## [Exercise directions]
In the records that follow, find the line with "-- ===== src/Graph/Integrity/Clearing.antt"; from there, retype every line exactly through the line with "holds_one n (some e) = ground arith", which also belongs to the answer.

## [Stored data]
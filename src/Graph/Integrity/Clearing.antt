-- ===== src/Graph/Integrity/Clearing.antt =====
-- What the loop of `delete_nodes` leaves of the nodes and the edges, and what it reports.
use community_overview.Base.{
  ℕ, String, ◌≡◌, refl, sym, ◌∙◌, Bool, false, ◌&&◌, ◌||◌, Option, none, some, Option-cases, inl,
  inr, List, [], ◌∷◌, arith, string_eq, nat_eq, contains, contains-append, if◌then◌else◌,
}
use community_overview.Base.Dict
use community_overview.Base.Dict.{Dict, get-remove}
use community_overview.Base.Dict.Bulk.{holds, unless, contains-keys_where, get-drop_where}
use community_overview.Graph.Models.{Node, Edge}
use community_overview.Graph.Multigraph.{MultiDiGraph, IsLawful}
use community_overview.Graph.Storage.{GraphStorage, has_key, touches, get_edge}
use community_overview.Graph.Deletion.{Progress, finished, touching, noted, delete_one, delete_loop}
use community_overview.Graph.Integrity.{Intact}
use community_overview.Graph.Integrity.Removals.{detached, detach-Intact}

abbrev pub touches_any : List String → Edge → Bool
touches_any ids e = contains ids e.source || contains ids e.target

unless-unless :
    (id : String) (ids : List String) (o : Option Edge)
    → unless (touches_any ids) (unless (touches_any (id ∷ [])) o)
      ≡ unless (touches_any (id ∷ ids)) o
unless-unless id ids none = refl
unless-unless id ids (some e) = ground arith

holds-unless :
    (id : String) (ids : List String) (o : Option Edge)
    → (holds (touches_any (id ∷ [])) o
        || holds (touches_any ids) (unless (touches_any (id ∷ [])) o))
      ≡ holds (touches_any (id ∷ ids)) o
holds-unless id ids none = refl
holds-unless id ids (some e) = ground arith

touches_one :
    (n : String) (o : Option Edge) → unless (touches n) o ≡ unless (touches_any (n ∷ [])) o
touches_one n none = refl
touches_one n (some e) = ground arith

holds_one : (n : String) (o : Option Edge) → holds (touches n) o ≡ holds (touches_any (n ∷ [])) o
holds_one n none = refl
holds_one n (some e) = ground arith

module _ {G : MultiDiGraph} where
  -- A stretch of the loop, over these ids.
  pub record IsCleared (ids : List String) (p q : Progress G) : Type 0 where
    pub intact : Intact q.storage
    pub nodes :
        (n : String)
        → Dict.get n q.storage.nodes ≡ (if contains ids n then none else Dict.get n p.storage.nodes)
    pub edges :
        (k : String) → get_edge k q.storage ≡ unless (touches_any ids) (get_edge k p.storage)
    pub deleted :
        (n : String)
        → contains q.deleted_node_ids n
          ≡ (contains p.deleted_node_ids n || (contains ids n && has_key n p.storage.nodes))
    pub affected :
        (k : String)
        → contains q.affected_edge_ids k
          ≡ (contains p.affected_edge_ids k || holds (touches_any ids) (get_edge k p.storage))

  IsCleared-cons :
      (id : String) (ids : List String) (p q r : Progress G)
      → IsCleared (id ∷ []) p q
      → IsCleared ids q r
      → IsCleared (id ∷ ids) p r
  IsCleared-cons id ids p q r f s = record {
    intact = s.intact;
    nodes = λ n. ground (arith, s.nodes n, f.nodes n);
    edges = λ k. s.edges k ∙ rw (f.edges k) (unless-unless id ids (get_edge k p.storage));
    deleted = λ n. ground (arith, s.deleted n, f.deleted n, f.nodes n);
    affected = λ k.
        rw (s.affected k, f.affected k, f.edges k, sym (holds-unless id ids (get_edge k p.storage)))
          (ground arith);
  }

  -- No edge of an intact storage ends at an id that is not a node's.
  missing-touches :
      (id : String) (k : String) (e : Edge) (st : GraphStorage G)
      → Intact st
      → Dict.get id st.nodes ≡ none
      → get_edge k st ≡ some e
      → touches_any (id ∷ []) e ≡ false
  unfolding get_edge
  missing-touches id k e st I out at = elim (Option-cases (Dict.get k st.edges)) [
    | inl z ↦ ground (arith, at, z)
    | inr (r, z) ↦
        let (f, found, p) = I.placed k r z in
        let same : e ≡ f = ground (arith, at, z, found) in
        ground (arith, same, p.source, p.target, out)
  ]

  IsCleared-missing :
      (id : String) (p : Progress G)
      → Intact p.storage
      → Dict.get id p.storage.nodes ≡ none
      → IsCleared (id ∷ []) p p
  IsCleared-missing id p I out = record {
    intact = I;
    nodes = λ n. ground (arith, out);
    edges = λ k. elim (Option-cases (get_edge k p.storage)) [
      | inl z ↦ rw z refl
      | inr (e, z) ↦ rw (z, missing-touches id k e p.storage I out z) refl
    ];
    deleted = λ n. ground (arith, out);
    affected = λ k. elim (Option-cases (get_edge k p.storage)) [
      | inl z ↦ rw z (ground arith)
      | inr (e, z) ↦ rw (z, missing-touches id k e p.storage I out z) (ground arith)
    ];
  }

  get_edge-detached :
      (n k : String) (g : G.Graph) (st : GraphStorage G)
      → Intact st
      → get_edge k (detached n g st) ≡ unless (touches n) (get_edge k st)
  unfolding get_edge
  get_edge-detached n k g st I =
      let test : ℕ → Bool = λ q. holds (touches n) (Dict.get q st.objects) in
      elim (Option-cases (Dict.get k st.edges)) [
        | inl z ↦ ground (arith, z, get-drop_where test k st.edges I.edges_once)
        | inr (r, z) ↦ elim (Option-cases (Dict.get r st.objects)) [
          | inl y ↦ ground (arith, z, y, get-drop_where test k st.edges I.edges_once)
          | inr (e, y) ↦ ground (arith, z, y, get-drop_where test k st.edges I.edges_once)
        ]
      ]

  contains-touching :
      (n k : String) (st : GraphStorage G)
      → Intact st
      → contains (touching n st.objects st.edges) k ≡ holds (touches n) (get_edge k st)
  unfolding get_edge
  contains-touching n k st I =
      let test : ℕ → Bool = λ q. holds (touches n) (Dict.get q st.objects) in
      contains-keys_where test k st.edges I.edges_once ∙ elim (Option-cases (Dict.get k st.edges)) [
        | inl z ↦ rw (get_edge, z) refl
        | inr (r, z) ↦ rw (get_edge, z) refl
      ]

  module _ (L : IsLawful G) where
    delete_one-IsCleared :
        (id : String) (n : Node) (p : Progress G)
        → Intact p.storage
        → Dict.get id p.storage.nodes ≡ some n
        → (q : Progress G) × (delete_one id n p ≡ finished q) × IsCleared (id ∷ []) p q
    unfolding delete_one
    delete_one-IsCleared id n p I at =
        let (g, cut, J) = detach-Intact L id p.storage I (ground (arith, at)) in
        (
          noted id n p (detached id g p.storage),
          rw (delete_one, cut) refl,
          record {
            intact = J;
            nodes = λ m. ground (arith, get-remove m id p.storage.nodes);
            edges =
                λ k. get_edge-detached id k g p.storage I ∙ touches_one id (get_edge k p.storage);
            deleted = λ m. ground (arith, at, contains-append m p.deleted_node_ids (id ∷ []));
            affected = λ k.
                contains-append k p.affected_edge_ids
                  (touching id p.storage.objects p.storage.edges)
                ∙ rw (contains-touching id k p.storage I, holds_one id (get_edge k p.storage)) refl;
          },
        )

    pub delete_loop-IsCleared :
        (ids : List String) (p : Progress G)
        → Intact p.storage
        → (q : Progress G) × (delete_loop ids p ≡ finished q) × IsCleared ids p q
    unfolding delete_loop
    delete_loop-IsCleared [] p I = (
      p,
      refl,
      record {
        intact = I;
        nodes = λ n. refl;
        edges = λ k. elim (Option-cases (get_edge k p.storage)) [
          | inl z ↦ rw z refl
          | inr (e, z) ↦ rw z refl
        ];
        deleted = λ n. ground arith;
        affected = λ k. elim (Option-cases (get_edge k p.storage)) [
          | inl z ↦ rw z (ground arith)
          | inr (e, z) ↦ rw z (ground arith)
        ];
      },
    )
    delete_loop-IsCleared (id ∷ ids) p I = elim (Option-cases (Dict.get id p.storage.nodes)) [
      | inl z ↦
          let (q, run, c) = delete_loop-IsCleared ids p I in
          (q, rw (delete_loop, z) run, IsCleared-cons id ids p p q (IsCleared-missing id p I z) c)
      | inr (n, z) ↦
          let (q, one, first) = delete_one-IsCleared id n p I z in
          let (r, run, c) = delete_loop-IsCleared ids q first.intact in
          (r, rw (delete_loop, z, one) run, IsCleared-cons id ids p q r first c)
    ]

## [Written response]
-- ===== src/Graph/Integrity/Clearing.antt =====
-- What the loop of `delete_nodes` leaves of the nodes and the edges, and what it reports.
use community_overview.Base.{
  ℕ, String, ◌≡◌, refl, sym, ◌∙◌, Bool, false, ◌&&◌, ◌||◌, Option, none, some, Option-cases, inl,
  inr, List, [], ◌∷◌, arith, string_eq, nat_eq, contains, contains-append, if◌then◌else◌,
}
use community_overview.Base.Dict
use community_overview.Base.Dict.{Dict, get-remove}
use community_overview.Base.Dict.Bulk.{holds, unless, contains-keys_where, get-drop_where}
use community_overview.Graph.Models.{Node, Edge}
use community_overview.Graph.Multigraph.{MultiDiGraph, IsLawful}
use community_overview.Graph.Storage.{GraphStorage, has_key, touches, get_edge}
use community_overview.Graph.Deletion.{Progress, finished, touching, noted, delete_one, delete_loop}
use community_overview.Graph.Integrity.{Intact}
use community_overview.Graph.Integrity.Removals.{detached, detach-Intact}

abbrev pub touches_any : List String → Edge → Bool
touches_any ids e = contains ids e.source || contains ids e.target

unless-unless :
    (id : String) (ids : List String) (o : Option Edge)
    → unless (touches_any ids) (unless (touches_any (id ∷ [])) o)
      ≡ unless (touches_any (id ∷ ids)) o
unless-unless id ids none = refl
unless-unless id ids (some e) = ground arith

holds-unless :
    (id : String) (ids : List String) (o : Option Edge)
    → (holds (touches_any (id ∷ [])) o
        || holds (touches_any ids) (unless (touches_any (id ∷ [])) o))
      ≡ holds (touches_any (id ∷ ids)) o
holds-unless id ids none = refl
holds-unless id ids (some e) = ground arith

touches_one :
    (n : String) (o : Option Edge) → unless (touches n) o ≡ unless (touches_any (n ∷ [])) o
touches_one n none = refl
touches_one n (some e) = ground arith

holds_one : (n : String) (o : Option Edge) → holds (touches n) o ≡ holds (touches_any (n ∷ [])) o
holds_one n none = refl
holds_one n (some e) = ground arith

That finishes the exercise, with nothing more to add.